Return only those lines of the records below in which "Bool" appears.
== Segment start ==
-- ===== src/ReplayGuard/Window.antt =====
-- Replays within the window are refused, and nothing else is.
use null_key.Base.{
  ℕ, ◌+◌, ◌-◌, ◌≤◌, ◌≡◌, ◌↔◌, sym, subst, All, Bool, true, false, not, List, [], ◌∷◌, Option, none,
  some, arith, Option-cases, inl, inr, ltb,
}
use null_key.Value.{Value, value_discrete}
use null_key.JsMap.{Map, get, set}
use null_key.JsMap.Laws.{Unique, kept, get-set, get-delete, get-retain, set-Unique, retain-Unique}
use null_key.Config.{Config}
use null_key.ReplayGuard.{Seen, prune, nonces_or_new, check_and_mark, purge}

-- No nonce is recorded twice under one fingerprint.
pub record IsSeen (seen : Seen) : Type 0 where
  pub unique : (f : Value) (m : Map ℕ) → get f seen ≡ some m → Unique m

abbrev nonce_time : Value → Option (Map ℕ) → Option ℕ
nonce_time nonce none = none
nonce_time nonce (some m) = get nonce m

-- The time at which a fingerprint's nonce was recorded.
unfoldable pub recorded : Value → Value → Seen → Option ℕ
recorded f nonce seen = nonce_time nonce (get f seen)

Unique-of_found : (f : Value) (seen : Seen) → IsSeen seen → Unique (nonces_or_new (get f seen))
Unique-of_found f seen v = elim (Option-cases (get f seen)) [
  | inl e ↦ rw e tt
  | inr (m, e) ↦ rw e (v.unique f m e)
]

abbrev in_window : ℕ → ℕ → ℕ → Bool
in_window now ttl ts = not (ltb ts (now - ttl))

get-prune :
    (now ttl : ℕ) (f nonce : Value) (seen : Seen)
    → IsSeen seen
    → get nonce (prune now ttl (nonces_or_new (get f seen)))
      ≡ kept (in_window now ttl) (recorded f nonce seen)
unfolding prune recorded get
get-prune now ttl f nonce seen v =
    rw
      (get-retain (in_window now ttl) nonce (nonces_or_new (get f seen)) (Unique-of_found f seen v))
      (ground arith)

pub check_and_mark-IsSeen :
    (cfg : Config) (f nonce : Value) (now ttl : ℕ) (seen : Seen)
    → IsSeen seen
    → IsSeen (check_and_mark cfg f nonce now ttl seen).0
unfolding check_and_mark
check_and_mark-IsSeen cfg f nonce now ttl seen v =
    let old = prune now ttl (nonces_or_new (get f seen)) in
    let u : Unique old = unfold prune in retain-Unique _ _ (Unique-of_found f seen v) in
    record {
      unique = λ g m h. ground (
        arith,
        v.unique g m,
        u,
        set-Unique nonce now old u,
        get-set f g old seen,
        get-set f g (set nonce now old) seen,
      );
    }

pub purge-IsSeen : (f : Value) (seen : Seen) → IsSeen seen → IsSeen (purge f seen)
unfolding purge
purge-IsSeen f seen v = record {
  unique = λ g m h. ground (arith, get-delete f g seen, v.unique g m);
}

-- A pair is refused exactly if protection is on and the pair was recorded at most the window ago.
pub check_and_mark_iff :
    (cfg : Config) (f nonce : Value) (now ttl : ℕ) (seen : Seen)
    → IsSeen seen
    → ((check_and_mark cfg f nonce now ttl seen).1 ≡ false) ↔ (
        (cfg.replay_protection_enabled ≡ true)
        × ((ts : ℕ) × (recorded f nonce seen ≡ some ts) × (now ≤ ts + ttl)))
unfolding check_and_mark
check_and_mark_iff cfg f nonce now ttl seen v = elim (Option-cases (recorded f nonce seen)) [
  | inl e ↦ ground (arith, get-prune now ttl f nonce seen v)
  | inr (ts, e) ↦ (
    λ h. (
      ground (arith, get-prune now ttl f nonce seen v),
      (ts, e, ground (arith, get-prune now ttl f nonce seen v)),
    ),
    λ h. ground (arith, h.1.1, h.1.2, get-prune now ttl f nonce seen v),
  )
]

-- A pair that was let through is recorded at that time.
recorded_of_accepted :
    (cfg : Config) (f nonce : Value) (now ttl : ℕ) (seen : Seen)
    → cfg.replay_protection_enabled ≡ true
    → (check_and_mark cfg f nonce now ttl seen).1 ≡ true
    → recorded f nonce (check_and_mark cfg f nonce now ttl seen).0 ≡ some now
unfolding check_and_mark recorded
recorded_of_accepted cfg f nonce now ttl seen on h =
    let old = prune now ttl (nonces_or_new (get f seen)) in
    ground (arith, get-set f f (set nonce now old) seen, get-set nonce nonce now old)

recorded_kept_self :
    (cfg : Config) (f nonce other : Value) (now ttl ts : ℕ) (seen : Seen)
    → IsSeen seen
    → recorded f nonce seen ≡ some ts
    → now ≤ ts + ttl
    → recorded f nonce (check_and_mark cfg f other now ttl seen).0 ≡ some ts
unfolding check_and_mark recorded
recorded_kept_self cfg f nonce other now ttl ts seen v e h =
    let old = prune now ttl (nonces_or_new (get f seen)) in
    ground (
      arith,
      get-prune now ttl f nonce seen v,
      get-set f f old seen,
      get-set f f (set other now old) seen,
      get-set other nonce now old,
    )

-- A record that is within the window stays as it is, whichever pair is checked.
recorded_kept :
    (cfg : Config) (f nonce g other : Value) (now ttl ts : ℕ) (seen : Seen)
    → IsSeen seen
    → recorded f nonce seen ≡ some ts
    → now ≤ ts + ttl
    → recorded f nonce (check_and_mark cfg g other now ttl seen).0 ≡ some ts
recorded_kept cfg f nonce g other now ttl ts seen v e h = elim (value_discrete g f) [
  | yes p ↦
      subst (λ x. recorded f nonce (check_and_mark cfg x other now ttl seen).0 ≡ some ts) (sym p)
        (recorded_kept_self cfg f nonce other now ttl ts seen v e h)
  | no d ↦
      unfold check_and_mark recorded in
      let old = prune now ttl (nonces_or_new (get g seen)) in
      ground (arith, get-set g f old seen, get-set g f (set other now old) seen)
]

-- Checks, each with its fingerprint, nonce and time, in turn.
abbrev pub Check : Type 0
Check = Value × Value × ℕ

pub run_checks : Config → ℕ → List Check → Seen → Seen
run_checks cfg ttl [] seen = seen
run_checks cfg ttl ((f, nonce, now) ∷ rest) seen =
    run_checks cfg ttl rest (check_and_mark cfg f nonce now ttl seen).0

recorded-run_checks :
    (cfg : Config) (f nonce : Value) (ttl ts : ℕ) (calls : List Check) (seen : Seen)
    → IsSeen seen
    → recorded f nonce seen ≡ some ts
    → All (λ c. c.2 ≤ ts + ttl) calls
    → (recorded f nonce (run_checks cfg ttl calls seen) ≡ some ts)
      × IsSeen (run_checks cfg ttl calls seen)
unfolding run_checks
recorded-run_checks cfg f nonce ttl ts [] seen v e h = (e, v)
recorded-run_checks cfg f nonce ttl ts ((g, other, now) ∷ calls) seen v e h =
    recorded-run_checks cfg f nonce ttl ts calls (check_and_mark cfg g other now ttl seen).0
      (check_and_mark-IsSeen cfg g other now ttl seen v)
      (recorded_kept cfg f nonce g other now ttl ts seen v e h.0) h.1

-- With protection on, and records in which no fingerprint holds a nonce twice: a pair of
-- fingerprint and nonce that was let through is refused when it comes again within the window,
-- whatever pairs were checked in between, none of them after the window.
pub replay_refused :
    (cfg : Config) (f nonce : Value) (first again ttl : ℕ) (calls : List Check) (seen : Seen)
    → IsSeen seen
    → cfg.replay_protection_enabled ≡ true
    → (check_and_mark cfg f nonce first ttl seen).1 ≡ true
    → All (λ c. c.2 ≤ first + ttl) calls
    → again ≤ first + ttl
    → (check_and_mark cfg f nonce again ttl
        (run_checks cfg ttl calls (check_and_mark cfg f nonce first ttl seen).0)).1
      ≡ false
replay_refused cfg f nonce first again ttl calls seen v on h between late =
    let (e, w) =
      recorded-run_checks cfg f nonce ttl first calls (check_and_mark cfg f nonce first ttl seen).0
        (check_and_mark-IsSeen cfg f nonce first ttl seen v)
        (recorded_of_accepted cfg f nonce first ttl seen on h) between in
    (check_and_mark_iff cfg f nonce again ttl _ w).1 (on, (first, e, late))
== Segment end ==
**Response for this exercise**
  ℕ, ◌+◌, ◌-◌, ◌≤◌, ◌≡◌, ◌↔◌, sym, subst, All, Bool, true, false, not, List, [], ◌∷◌, Option, none,
abbrev in_window : ℕ → ℕ → ℕ → Bool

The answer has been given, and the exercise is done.